Work task >>
What is needed is an exact copy of all the records below.

[Given entries]

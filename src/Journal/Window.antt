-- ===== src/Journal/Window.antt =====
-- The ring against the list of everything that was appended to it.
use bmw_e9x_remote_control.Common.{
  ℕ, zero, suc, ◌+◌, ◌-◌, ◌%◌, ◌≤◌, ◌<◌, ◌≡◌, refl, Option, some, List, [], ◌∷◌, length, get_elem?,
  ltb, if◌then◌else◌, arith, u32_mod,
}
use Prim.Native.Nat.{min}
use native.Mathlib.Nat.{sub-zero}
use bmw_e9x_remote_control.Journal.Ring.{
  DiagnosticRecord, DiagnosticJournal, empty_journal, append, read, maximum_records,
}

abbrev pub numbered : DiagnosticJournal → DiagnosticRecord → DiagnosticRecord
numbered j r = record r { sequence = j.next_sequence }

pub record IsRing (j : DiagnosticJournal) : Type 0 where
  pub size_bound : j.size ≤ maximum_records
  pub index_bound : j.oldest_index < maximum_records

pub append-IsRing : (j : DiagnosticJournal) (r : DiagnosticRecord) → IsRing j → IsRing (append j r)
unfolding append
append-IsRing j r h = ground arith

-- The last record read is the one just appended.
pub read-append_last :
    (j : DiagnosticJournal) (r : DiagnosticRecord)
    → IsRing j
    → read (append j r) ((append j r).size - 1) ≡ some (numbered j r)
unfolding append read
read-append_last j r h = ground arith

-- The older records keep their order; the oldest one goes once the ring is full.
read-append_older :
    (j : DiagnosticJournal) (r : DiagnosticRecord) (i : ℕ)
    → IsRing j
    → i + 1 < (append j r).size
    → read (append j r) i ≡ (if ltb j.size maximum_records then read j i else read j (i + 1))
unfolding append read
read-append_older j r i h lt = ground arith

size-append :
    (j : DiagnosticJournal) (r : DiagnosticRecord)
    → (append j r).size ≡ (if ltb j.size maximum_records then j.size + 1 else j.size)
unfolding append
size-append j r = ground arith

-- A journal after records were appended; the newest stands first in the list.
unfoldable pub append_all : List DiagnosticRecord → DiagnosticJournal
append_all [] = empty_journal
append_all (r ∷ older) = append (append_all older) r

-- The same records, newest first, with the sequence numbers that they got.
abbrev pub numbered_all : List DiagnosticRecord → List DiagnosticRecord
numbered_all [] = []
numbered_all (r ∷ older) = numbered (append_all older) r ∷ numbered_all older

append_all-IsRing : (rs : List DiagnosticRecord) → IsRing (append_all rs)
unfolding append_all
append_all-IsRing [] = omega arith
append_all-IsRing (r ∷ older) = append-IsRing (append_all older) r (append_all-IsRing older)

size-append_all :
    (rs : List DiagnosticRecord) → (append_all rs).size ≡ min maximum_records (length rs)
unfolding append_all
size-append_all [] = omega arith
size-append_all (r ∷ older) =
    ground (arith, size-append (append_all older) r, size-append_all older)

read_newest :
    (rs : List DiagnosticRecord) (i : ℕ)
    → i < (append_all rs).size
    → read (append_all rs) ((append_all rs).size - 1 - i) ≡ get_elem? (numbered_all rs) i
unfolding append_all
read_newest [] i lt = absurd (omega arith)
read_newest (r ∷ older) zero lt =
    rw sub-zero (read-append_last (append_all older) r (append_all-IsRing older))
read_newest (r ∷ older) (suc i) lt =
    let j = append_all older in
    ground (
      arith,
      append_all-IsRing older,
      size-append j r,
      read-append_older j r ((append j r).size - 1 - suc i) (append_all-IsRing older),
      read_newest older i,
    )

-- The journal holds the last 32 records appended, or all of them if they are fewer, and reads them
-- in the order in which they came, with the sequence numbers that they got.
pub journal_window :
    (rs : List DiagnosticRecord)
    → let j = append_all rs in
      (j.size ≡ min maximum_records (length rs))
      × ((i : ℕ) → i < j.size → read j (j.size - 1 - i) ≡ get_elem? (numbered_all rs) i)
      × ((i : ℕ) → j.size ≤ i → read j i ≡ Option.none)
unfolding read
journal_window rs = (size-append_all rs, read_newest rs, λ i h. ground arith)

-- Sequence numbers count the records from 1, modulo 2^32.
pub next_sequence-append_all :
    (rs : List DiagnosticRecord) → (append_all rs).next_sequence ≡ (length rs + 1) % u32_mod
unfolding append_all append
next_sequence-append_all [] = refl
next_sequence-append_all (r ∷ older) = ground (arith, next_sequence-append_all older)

[/Given entries]

Worked solution >>
filename src/Journal/Window.antt
-- ===== src/Journal/Window.antt =====
-- The ring against the list of everything that was appended to it.
use bmw_e9x_remote_control.Common.{
  ℕ, zero, suc, ◌+◌, ◌-◌, ◌%◌, ◌≤◌, ◌<◌, ◌≡◌, refl, Option, some, List, [], ◌∷◌, length, get_elem?,
  ltb, if◌then◌else◌, arith, u32_mod,
}
use Prim.Native.Nat.{min}
use native.Mathlib.Nat.{sub-zero}
use bmw_e9x_remote_control.Journal.Ring.{
  DiagnosticRecord, DiagnosticJournal, empty_journal, append, read, maximum_records,
}

abbrev pub numbered : DiagnosticJournal → DiagnosticRecord → DiagnosticRecord
numbered j r = record r { sequence = j.next_sequence }

pub record IsRing (j : DiagnosticJournal) : Type 0 where
  pub size_bound : j.size ≤ maximum_records
  pub index_bound : j.oldest_index < maximum_records

pub append-IsRing : (j : DiagnosticJournal) (r : DiagnosticRecord) → IsRing j → IsRing (append j r)
unfolding append
append-IsRing j r h = ground arith

-- The last record read is the one just appended.
pub read-append_last :
    (j : DiagnosticJournal) (r : DiagnosticRecord)
    → IsRing j
    → read (append j r) ((append j r).size - 1) ≡ some (numbered j r)
unfolding append read
read-append_last j r h = ground arith

-- The older records keep their order; the oldest one goes once the ring is full.
read-append_older :
    (j : DiagnosticJournal) (r : DiagnosticRecord) (i : ℕ)
    → IsRing j
    → i + 1 < (append j r).size
    → read (append j r) i ≡ (if ltb j.size maximum_records then read j i else read j (i + 1))
unfolding append read
read-append_older j r i h lt = ground arith

size-append :
    (j : DiagnosticJournal) (r : DiagnosticRecord)
    → (append j r).size ≡ (if ltb j.size maximum_records then j.size + 1 else j.size)
unfolding append
size-append j r = ground arith

-- A journal after records were appended; the newest stands first in the list.
unfoldable pub append_all : List DiagnosticRecord → DiagnosticJournal
append_all [] = empty_journal
append_all (r ∷ older) = append (append_all older) r

-- The same records, newest first, with the sequence numbers that they got.
abbrev pub numbered_all : List DiagnosticRecord → List DiagnosticRecord
numbered_all [] = []
numbered_all (r ∷ older) = numbered (append_all older) r ∷ numbered_all older

append_all-IsRing : (rs : List DiagnosticRecord) → IsRing (append_all rs)
unfolding append_all
append_all-IsRing [] = omega arith
append_all-IsRing (r ∷ older) = append-IsRing (append_all older) r (append_all-IsRing older)

size-append_all :
    (rs : List DiagnosticRecord) → (append_all rs).size ≡ min maximum_records (length rs)
unfolding append_all
size-append_all [] = omega arith
size-append_all (r ∷ older) =
    ground (arith, size-append (append_all older) r, size-append_all older)

read_newest :
    (rs : List DiagnosticRecord) (i : ℕ)
    → i < (append_all rs).size
    → read (append_all rs) ((append_all rs).size - 1 - i) ≡ get_elem? (numbered_all rs) i
unfolding append_all
read_newest [] i lt = absurd (omega arith)
read_newest (r ∷ older) zero lt =
    rw sub-zero (read-append_last (append_all older) r (append_all-IsRing older))
read_newest (r ∷ older) (suc i) lt =
    let j = append_all older in
    ground (
      arith,
      append_all-IsRing older,
      size-append j r,
      read-append_older j r ((append j r).size - 1 - suc i) (append_all-IsRing older),
      read_newest older i,
    )

-- The journal holds the last 32 records appended, or all of them if they are fewer, and reads them
-- in the order in which they came, with the sequence numbers that they got.
pub journal_window :
    (rs : List DiagnosticRecord)
    → let j = append_all rs in
      (j.size ≡ min maximum_records (length rs))
      × ((i : ℕ) → i < j.size → read j (j.size - 1 - i) ≡ get_elem? (numbered_all rs) i)
      × ((i : ℕ) → j.size ≤ i → read j i ≡ Option.none)
unfolding read
journal_window rs = (size-append_all rs, read_newest rs, λ i h. ground arith)

-- Sequence numbers count the records from 1, modulo 2^32.
pub next_sequence-append_all :
    (rs : List DiagnosticRecord) → (append_all rs).next_sequence ≡ (length rs + 1) % u32_mod
unfolding append_all append
next_sequence-append_all [] = refl
next_sequence-append_all (r ∷ older) = ground (arith, next_sequence-append_all older)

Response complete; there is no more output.